Your instructions:
Among the entries below, take the line with "router.effective_config_hash valid hex" and the line with "elim (ledger_append-Appended router.schema", and output them and every line between them exactly, with nothing else.

BEGIN Data

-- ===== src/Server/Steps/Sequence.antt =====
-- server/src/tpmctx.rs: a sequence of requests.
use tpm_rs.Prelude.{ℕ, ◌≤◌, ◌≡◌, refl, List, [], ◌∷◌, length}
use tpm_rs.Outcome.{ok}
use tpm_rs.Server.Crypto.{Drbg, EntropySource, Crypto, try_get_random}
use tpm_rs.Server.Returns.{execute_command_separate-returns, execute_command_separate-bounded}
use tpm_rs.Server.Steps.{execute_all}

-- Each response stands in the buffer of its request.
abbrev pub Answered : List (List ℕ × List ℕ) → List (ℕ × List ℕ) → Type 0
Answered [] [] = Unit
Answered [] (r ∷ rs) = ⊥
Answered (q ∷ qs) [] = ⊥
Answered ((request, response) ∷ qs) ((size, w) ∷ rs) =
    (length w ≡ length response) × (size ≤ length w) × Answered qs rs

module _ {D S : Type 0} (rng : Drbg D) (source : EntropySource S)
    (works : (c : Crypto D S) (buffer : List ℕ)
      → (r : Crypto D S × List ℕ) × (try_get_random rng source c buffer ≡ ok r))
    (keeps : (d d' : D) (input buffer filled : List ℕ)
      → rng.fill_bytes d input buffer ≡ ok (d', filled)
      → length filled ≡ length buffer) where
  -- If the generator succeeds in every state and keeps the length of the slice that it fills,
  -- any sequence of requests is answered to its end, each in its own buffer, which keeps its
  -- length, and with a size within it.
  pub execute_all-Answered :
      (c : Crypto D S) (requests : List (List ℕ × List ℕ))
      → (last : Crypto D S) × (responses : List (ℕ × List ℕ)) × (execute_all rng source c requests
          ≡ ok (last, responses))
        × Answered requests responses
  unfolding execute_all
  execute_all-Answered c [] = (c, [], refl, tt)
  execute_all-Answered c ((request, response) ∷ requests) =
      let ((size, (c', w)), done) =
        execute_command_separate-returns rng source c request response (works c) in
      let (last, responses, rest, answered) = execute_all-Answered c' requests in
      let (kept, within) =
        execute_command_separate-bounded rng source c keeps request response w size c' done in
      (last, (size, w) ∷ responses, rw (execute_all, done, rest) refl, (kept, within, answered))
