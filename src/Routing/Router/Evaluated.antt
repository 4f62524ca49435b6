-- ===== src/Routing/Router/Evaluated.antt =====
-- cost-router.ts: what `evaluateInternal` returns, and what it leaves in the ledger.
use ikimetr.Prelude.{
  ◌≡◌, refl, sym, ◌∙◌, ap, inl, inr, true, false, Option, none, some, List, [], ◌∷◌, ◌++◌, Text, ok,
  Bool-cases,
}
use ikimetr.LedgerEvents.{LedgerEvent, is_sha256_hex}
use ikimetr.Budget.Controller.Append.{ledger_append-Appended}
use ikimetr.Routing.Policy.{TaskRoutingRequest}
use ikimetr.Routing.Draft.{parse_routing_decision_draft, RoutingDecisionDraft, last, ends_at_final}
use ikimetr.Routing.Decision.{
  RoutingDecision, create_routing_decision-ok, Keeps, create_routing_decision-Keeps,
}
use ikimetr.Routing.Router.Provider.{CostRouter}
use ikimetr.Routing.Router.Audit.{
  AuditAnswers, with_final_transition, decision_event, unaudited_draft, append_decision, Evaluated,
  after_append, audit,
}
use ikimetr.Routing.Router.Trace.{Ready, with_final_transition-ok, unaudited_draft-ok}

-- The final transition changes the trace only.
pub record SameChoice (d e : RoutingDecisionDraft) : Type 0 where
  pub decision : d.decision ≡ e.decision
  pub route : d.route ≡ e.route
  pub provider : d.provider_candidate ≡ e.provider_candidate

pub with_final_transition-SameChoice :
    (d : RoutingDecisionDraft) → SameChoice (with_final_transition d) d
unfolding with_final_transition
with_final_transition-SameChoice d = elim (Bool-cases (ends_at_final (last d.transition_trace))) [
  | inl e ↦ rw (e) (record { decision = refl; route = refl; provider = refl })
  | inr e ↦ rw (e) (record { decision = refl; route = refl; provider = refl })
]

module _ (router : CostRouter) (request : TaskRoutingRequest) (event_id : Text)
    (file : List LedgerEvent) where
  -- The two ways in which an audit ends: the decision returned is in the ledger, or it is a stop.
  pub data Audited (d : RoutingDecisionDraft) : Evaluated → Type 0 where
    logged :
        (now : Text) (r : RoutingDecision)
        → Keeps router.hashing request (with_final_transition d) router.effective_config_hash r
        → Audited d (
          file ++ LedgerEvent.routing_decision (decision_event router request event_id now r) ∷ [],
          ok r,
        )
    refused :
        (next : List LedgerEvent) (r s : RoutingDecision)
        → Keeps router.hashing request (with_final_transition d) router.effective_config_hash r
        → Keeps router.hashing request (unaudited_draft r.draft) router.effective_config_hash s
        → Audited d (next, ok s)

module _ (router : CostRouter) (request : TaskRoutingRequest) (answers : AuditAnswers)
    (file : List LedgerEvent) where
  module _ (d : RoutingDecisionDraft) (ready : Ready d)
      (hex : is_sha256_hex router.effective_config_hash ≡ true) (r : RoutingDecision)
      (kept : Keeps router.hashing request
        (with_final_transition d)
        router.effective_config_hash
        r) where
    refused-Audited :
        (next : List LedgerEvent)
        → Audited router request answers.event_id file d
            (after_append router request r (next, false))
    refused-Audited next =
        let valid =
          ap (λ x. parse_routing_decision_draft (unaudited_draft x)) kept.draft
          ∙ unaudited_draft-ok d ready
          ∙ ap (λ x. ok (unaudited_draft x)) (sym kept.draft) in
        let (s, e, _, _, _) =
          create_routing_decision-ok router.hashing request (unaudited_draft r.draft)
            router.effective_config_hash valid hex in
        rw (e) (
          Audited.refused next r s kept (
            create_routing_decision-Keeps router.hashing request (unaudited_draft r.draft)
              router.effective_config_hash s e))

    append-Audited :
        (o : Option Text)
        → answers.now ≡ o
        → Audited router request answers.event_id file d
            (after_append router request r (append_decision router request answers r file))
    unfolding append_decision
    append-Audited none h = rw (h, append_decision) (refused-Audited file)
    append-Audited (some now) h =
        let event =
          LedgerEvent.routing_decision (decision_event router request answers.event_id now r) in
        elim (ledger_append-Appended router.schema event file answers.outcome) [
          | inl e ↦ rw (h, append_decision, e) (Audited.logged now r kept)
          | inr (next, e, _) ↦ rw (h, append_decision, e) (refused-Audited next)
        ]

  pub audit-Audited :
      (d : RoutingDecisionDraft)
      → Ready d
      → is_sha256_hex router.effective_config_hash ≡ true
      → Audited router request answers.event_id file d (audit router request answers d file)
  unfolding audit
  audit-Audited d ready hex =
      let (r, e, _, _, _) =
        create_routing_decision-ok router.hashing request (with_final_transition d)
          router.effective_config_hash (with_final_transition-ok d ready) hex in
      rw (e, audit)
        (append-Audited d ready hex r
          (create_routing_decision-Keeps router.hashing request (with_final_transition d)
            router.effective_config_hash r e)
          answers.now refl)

END Data
BEGIN Data

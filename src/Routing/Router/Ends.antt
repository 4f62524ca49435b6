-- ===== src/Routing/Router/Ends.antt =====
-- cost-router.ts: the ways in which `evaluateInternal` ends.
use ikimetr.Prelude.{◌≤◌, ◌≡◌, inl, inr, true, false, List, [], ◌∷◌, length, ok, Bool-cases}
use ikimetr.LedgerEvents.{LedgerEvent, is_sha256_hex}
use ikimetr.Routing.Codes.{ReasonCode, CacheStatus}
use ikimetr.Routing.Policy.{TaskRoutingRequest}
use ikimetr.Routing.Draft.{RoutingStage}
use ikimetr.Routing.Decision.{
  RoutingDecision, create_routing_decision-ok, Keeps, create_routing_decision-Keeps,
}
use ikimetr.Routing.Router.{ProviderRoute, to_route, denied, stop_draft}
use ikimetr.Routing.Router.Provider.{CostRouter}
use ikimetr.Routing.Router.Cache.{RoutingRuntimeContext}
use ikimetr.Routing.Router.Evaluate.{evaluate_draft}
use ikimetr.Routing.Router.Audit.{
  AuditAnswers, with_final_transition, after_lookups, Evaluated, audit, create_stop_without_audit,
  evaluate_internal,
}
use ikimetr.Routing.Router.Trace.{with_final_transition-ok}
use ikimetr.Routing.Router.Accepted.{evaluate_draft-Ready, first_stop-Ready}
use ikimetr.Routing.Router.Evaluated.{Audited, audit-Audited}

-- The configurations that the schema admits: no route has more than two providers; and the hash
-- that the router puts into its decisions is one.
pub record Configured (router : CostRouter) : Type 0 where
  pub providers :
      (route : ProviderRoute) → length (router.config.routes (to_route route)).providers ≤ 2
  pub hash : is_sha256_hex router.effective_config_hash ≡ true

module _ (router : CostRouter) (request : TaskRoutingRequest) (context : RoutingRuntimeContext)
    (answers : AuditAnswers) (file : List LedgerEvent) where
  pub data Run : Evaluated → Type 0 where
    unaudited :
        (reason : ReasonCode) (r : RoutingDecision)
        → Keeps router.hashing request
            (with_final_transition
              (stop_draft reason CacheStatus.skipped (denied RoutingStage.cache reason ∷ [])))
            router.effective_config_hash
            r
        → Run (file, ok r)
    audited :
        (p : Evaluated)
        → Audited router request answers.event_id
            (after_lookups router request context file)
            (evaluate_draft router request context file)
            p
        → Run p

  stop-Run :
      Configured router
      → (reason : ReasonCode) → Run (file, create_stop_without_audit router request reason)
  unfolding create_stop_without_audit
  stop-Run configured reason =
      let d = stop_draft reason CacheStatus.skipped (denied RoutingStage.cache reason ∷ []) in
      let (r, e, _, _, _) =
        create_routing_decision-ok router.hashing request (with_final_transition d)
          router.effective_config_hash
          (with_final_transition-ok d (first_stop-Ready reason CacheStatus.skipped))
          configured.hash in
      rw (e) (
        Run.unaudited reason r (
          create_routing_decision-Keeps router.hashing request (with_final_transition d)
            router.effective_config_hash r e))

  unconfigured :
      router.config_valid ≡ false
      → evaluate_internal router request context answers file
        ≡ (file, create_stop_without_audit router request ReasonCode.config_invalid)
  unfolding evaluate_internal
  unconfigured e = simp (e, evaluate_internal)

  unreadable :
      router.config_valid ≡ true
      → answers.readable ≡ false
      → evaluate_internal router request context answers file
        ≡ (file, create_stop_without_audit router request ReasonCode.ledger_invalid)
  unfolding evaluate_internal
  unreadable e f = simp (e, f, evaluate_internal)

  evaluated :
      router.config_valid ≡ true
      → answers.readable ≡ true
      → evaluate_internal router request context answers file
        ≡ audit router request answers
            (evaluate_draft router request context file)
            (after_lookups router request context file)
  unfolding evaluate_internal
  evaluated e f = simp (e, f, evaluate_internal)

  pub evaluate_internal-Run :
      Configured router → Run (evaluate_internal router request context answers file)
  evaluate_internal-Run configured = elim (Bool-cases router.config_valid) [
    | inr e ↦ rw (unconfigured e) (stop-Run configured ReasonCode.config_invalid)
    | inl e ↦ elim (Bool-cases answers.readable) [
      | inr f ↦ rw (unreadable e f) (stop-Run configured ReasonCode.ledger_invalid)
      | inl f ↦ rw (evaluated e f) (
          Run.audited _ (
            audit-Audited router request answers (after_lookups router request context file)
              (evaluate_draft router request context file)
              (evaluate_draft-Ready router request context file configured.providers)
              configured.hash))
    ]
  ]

END Data
BEGIN Data

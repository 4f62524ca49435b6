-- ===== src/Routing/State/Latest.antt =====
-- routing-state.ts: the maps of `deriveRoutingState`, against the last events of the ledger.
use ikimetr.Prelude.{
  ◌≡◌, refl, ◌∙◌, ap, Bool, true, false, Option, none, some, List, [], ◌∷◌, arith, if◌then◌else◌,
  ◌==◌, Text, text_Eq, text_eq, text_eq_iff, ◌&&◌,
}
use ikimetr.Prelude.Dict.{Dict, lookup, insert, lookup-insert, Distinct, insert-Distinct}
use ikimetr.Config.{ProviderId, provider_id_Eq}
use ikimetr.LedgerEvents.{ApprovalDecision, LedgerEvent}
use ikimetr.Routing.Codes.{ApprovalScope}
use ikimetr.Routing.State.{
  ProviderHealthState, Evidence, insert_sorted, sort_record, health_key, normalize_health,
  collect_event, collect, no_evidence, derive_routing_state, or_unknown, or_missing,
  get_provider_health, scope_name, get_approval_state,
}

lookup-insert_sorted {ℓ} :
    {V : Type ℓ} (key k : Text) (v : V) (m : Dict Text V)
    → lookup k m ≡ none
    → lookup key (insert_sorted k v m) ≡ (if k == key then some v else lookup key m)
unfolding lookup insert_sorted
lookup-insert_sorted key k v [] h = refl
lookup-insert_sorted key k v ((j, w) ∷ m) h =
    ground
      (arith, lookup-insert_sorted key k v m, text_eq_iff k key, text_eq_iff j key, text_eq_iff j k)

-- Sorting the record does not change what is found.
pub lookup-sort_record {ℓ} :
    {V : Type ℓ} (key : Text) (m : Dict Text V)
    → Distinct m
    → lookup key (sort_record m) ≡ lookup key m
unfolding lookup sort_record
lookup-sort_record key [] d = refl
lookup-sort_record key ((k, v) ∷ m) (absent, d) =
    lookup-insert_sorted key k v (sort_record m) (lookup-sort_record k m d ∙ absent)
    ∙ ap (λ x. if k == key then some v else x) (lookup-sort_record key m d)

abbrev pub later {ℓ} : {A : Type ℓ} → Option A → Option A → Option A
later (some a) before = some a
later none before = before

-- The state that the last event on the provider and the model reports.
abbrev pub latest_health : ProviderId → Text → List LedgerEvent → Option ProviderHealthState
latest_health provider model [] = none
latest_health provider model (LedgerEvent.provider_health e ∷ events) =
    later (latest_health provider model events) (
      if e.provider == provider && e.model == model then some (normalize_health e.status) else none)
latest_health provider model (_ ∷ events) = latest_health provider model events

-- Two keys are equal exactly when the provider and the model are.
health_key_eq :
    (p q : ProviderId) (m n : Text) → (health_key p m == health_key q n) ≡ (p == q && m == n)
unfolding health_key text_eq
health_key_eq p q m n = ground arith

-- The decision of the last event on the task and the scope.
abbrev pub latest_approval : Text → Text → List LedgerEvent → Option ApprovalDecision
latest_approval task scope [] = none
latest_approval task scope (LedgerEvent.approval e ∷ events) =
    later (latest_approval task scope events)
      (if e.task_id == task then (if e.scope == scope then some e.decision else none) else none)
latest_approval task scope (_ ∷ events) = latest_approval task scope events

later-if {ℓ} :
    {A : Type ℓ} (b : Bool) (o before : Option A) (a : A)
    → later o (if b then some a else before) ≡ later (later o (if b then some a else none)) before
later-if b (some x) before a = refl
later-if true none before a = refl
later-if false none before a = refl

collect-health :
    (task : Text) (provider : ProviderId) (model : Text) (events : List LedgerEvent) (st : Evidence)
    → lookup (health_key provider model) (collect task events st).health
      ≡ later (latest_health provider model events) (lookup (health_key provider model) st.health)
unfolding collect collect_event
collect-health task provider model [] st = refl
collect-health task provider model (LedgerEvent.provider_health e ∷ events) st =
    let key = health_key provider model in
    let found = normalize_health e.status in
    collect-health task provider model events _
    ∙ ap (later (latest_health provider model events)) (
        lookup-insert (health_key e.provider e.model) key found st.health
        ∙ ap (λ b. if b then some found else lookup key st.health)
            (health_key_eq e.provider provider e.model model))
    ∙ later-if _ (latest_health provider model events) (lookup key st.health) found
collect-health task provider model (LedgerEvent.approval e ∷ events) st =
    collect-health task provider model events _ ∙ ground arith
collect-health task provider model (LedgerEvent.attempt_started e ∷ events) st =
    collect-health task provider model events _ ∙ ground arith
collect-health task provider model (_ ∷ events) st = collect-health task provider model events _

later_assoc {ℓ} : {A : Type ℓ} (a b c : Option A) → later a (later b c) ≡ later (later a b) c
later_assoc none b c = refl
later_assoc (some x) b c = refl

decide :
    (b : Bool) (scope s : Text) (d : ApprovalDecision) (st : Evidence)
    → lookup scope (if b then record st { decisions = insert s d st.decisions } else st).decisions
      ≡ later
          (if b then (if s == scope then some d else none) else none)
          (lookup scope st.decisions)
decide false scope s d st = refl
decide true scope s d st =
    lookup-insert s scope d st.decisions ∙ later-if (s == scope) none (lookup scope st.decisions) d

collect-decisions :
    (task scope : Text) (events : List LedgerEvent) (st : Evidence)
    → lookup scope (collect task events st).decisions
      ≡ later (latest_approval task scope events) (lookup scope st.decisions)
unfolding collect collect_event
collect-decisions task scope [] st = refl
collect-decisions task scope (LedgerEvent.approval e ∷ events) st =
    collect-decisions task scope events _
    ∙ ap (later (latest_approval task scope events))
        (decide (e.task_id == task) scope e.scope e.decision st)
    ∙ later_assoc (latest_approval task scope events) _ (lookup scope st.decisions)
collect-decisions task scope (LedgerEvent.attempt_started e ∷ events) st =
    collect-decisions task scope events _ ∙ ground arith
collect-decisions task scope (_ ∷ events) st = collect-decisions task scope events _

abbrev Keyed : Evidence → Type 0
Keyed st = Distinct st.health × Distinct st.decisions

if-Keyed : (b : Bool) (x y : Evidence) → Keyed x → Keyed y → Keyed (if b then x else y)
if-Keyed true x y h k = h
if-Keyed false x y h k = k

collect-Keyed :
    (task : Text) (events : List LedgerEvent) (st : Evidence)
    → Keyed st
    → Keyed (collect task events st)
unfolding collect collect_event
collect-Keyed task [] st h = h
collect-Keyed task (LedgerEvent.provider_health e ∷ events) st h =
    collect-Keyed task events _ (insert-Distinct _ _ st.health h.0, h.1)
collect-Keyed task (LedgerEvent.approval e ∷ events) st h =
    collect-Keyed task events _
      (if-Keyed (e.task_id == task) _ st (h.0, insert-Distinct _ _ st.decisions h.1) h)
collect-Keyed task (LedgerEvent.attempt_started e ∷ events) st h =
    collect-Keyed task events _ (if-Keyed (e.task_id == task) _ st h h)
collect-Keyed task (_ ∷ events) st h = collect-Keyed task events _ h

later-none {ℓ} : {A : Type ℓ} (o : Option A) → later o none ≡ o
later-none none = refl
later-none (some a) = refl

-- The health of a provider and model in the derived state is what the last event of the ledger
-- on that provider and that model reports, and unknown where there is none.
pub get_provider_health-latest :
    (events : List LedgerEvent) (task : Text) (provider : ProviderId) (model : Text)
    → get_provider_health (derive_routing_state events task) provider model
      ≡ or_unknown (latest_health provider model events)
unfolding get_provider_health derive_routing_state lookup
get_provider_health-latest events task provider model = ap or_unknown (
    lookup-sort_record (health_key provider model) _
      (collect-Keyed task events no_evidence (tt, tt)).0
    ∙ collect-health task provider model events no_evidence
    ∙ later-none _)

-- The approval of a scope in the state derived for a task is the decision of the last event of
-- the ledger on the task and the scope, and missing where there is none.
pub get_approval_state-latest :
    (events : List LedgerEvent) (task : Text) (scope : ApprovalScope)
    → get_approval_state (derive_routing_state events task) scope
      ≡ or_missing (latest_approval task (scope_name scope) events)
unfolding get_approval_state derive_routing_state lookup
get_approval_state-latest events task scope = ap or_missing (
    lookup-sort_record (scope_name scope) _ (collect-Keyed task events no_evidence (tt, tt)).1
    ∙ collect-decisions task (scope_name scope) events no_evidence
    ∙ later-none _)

END Data

The completed task:
            router.effective_config_hash valid hex in
        rw (e) (
          Audited.refused next r s kept (
            create_routing_decision-Keeps router.hashing request (unaudited_draft r.draft)
              router.effective_config_hash s e))

    append-Audited :
        (o : Option Text)
        → answers.now ≡ o
        → Audited router request answers.event_id file d
            (after_append router request r (append_decision router request answers r file))
    unfolding append_decision
    append-Audited none h = rw (h, append_decision) (refused-Audited file)
    append-Audited (some now) h =
        let event =
          LedgerEvent.routing_decision (decision_event router request answers.event_id now r) in
        elim (ledger_append-Appended router.schema event file answers.outcome) [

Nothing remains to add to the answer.